Your objective —
Find the line containing "r ≡ (blob, eof)" in the listing below. Repeat it exactly, along with each following line up to and including the one containing "(view (both.put (s, l) digest (length".

** Opening Listed records block **

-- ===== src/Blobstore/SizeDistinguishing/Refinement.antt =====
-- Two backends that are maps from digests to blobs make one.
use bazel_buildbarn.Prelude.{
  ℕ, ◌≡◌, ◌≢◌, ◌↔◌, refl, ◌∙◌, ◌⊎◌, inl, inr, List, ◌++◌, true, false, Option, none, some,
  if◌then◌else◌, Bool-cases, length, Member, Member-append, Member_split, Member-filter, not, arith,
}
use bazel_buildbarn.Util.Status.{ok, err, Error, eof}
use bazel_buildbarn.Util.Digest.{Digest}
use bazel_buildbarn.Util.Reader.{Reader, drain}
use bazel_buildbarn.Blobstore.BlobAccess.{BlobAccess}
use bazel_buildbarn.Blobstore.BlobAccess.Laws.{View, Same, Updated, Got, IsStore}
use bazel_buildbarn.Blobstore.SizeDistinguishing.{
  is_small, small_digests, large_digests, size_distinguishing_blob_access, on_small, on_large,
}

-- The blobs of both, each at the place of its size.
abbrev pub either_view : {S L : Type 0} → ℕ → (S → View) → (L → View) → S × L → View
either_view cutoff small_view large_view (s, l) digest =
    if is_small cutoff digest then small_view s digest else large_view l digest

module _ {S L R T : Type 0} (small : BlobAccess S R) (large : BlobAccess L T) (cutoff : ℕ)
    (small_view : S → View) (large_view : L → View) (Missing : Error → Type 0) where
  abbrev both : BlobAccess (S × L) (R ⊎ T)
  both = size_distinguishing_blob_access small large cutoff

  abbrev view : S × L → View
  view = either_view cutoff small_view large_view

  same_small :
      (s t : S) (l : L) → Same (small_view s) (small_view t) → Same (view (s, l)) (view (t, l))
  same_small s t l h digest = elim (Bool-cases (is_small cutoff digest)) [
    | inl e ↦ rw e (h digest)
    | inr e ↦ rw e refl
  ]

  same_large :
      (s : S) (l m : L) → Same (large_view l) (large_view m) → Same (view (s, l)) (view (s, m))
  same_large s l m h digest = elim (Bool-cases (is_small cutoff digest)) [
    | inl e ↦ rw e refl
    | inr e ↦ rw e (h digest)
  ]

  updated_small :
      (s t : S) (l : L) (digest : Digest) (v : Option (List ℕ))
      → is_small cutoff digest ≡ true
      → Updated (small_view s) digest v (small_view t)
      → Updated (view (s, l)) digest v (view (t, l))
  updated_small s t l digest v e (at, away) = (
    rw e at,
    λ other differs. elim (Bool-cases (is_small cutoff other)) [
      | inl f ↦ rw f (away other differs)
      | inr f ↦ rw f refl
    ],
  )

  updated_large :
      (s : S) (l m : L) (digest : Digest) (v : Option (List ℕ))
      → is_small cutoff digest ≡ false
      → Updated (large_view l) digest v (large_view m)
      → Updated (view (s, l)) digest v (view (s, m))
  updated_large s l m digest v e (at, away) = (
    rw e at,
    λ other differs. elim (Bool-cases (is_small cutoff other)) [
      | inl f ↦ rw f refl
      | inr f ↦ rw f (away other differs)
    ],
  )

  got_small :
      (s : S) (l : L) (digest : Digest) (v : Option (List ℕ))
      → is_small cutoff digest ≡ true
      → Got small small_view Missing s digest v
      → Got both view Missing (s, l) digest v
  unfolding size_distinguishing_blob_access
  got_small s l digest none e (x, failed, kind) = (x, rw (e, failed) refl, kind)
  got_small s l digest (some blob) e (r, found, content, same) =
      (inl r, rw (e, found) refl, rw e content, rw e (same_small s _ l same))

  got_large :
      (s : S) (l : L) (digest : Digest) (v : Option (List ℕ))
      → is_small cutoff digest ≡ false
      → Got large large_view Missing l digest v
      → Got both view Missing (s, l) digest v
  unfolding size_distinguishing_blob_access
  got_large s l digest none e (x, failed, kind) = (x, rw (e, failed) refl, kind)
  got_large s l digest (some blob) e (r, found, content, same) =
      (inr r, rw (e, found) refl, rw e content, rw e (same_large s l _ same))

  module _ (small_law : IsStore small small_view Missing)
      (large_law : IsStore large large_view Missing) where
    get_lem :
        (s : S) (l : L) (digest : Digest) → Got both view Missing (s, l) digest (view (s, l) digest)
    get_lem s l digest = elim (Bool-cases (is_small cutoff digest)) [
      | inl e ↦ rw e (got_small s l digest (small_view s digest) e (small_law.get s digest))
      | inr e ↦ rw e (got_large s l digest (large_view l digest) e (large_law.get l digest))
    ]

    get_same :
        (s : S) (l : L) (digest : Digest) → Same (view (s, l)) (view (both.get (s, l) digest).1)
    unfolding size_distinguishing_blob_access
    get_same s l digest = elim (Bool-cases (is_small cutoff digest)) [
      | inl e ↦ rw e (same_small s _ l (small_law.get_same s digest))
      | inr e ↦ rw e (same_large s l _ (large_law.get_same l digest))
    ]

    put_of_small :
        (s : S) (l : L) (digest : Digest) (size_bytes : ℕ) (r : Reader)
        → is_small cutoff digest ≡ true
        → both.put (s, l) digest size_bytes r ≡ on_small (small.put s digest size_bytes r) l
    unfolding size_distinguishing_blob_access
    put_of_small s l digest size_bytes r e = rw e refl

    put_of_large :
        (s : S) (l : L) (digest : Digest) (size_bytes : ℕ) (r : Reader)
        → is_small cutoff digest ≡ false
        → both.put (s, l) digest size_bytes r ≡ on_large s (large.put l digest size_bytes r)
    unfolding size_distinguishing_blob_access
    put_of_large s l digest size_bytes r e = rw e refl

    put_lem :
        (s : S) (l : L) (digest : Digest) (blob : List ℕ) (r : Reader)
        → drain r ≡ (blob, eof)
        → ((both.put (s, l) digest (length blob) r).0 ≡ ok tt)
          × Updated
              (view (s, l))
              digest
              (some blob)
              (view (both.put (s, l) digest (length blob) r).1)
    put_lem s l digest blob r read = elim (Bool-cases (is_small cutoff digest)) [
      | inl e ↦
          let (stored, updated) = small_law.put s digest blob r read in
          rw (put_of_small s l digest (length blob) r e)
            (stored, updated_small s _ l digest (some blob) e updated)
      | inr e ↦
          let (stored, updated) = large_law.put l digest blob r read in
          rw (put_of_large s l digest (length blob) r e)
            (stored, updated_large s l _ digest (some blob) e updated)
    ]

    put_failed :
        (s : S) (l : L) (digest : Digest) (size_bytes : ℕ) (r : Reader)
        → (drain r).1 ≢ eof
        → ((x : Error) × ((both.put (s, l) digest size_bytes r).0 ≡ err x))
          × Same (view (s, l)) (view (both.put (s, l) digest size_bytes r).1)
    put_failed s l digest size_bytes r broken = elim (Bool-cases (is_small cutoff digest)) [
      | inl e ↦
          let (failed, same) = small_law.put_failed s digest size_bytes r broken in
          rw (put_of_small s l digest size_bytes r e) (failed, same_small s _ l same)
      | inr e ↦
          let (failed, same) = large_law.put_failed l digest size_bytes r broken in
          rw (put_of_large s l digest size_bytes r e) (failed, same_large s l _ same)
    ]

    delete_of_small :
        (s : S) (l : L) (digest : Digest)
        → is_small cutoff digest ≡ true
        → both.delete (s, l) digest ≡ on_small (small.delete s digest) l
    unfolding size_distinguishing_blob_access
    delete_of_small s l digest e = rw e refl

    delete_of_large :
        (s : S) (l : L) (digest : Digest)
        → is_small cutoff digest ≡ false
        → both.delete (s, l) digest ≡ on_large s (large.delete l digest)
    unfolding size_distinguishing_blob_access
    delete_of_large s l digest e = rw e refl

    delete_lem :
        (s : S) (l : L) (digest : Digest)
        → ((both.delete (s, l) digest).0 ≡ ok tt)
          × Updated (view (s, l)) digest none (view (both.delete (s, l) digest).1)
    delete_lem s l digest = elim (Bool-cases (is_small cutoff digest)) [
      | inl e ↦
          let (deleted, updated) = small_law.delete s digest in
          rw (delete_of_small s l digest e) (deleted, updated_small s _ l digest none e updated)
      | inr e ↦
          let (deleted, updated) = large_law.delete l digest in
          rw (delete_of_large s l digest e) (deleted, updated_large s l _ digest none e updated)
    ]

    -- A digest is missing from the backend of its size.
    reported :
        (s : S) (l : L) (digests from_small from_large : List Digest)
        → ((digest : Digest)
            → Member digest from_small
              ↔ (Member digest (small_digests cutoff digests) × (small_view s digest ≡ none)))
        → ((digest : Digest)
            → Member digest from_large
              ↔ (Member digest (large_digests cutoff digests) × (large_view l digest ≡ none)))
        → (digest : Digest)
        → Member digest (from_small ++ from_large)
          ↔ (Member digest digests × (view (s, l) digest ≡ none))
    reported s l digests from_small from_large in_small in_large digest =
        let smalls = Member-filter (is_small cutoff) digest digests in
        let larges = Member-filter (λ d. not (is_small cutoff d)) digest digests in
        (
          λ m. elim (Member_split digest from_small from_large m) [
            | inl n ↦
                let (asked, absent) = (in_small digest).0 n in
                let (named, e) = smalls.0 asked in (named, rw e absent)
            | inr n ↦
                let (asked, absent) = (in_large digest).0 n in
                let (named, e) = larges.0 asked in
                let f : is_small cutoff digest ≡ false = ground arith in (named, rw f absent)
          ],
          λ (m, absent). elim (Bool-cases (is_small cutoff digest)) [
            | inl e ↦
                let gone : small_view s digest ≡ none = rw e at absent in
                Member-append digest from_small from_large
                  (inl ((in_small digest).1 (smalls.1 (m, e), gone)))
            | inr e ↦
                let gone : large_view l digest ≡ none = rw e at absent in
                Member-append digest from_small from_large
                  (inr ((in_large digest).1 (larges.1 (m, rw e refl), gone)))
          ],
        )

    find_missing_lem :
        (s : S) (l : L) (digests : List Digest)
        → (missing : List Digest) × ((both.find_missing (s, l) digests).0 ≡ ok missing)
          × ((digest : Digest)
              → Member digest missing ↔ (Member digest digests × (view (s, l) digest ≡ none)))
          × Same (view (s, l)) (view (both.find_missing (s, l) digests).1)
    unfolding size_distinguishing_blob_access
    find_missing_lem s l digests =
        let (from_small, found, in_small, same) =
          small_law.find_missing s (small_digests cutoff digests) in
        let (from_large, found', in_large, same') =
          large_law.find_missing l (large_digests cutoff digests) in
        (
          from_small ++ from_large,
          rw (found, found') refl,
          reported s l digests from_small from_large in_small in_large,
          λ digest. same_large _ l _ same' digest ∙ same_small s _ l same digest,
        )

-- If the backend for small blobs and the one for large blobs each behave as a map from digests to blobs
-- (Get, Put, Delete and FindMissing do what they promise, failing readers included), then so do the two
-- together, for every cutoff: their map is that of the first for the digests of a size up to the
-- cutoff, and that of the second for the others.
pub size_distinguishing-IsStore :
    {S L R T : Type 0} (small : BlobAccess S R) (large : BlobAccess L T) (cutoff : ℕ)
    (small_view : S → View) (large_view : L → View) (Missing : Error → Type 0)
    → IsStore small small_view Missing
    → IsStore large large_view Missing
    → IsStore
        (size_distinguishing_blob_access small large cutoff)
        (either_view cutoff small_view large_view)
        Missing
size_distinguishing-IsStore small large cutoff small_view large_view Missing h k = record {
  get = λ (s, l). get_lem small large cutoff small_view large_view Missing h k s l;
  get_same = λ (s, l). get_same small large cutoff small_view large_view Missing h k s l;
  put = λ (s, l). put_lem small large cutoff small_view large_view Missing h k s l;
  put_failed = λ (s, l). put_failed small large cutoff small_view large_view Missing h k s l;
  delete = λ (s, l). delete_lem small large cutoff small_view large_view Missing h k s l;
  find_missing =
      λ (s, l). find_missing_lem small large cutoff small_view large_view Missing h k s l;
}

** Closing Listed records block **

Task output —
        → drain r ≡ (blob, eof)
        → ((both.put (s, l) digest (length blob) r).0 ≡ ok tt)
          × Updated
              (view (s, l))
              digest
              (some blob)
              (view (both.put (s, l) digest (length blob) r).1)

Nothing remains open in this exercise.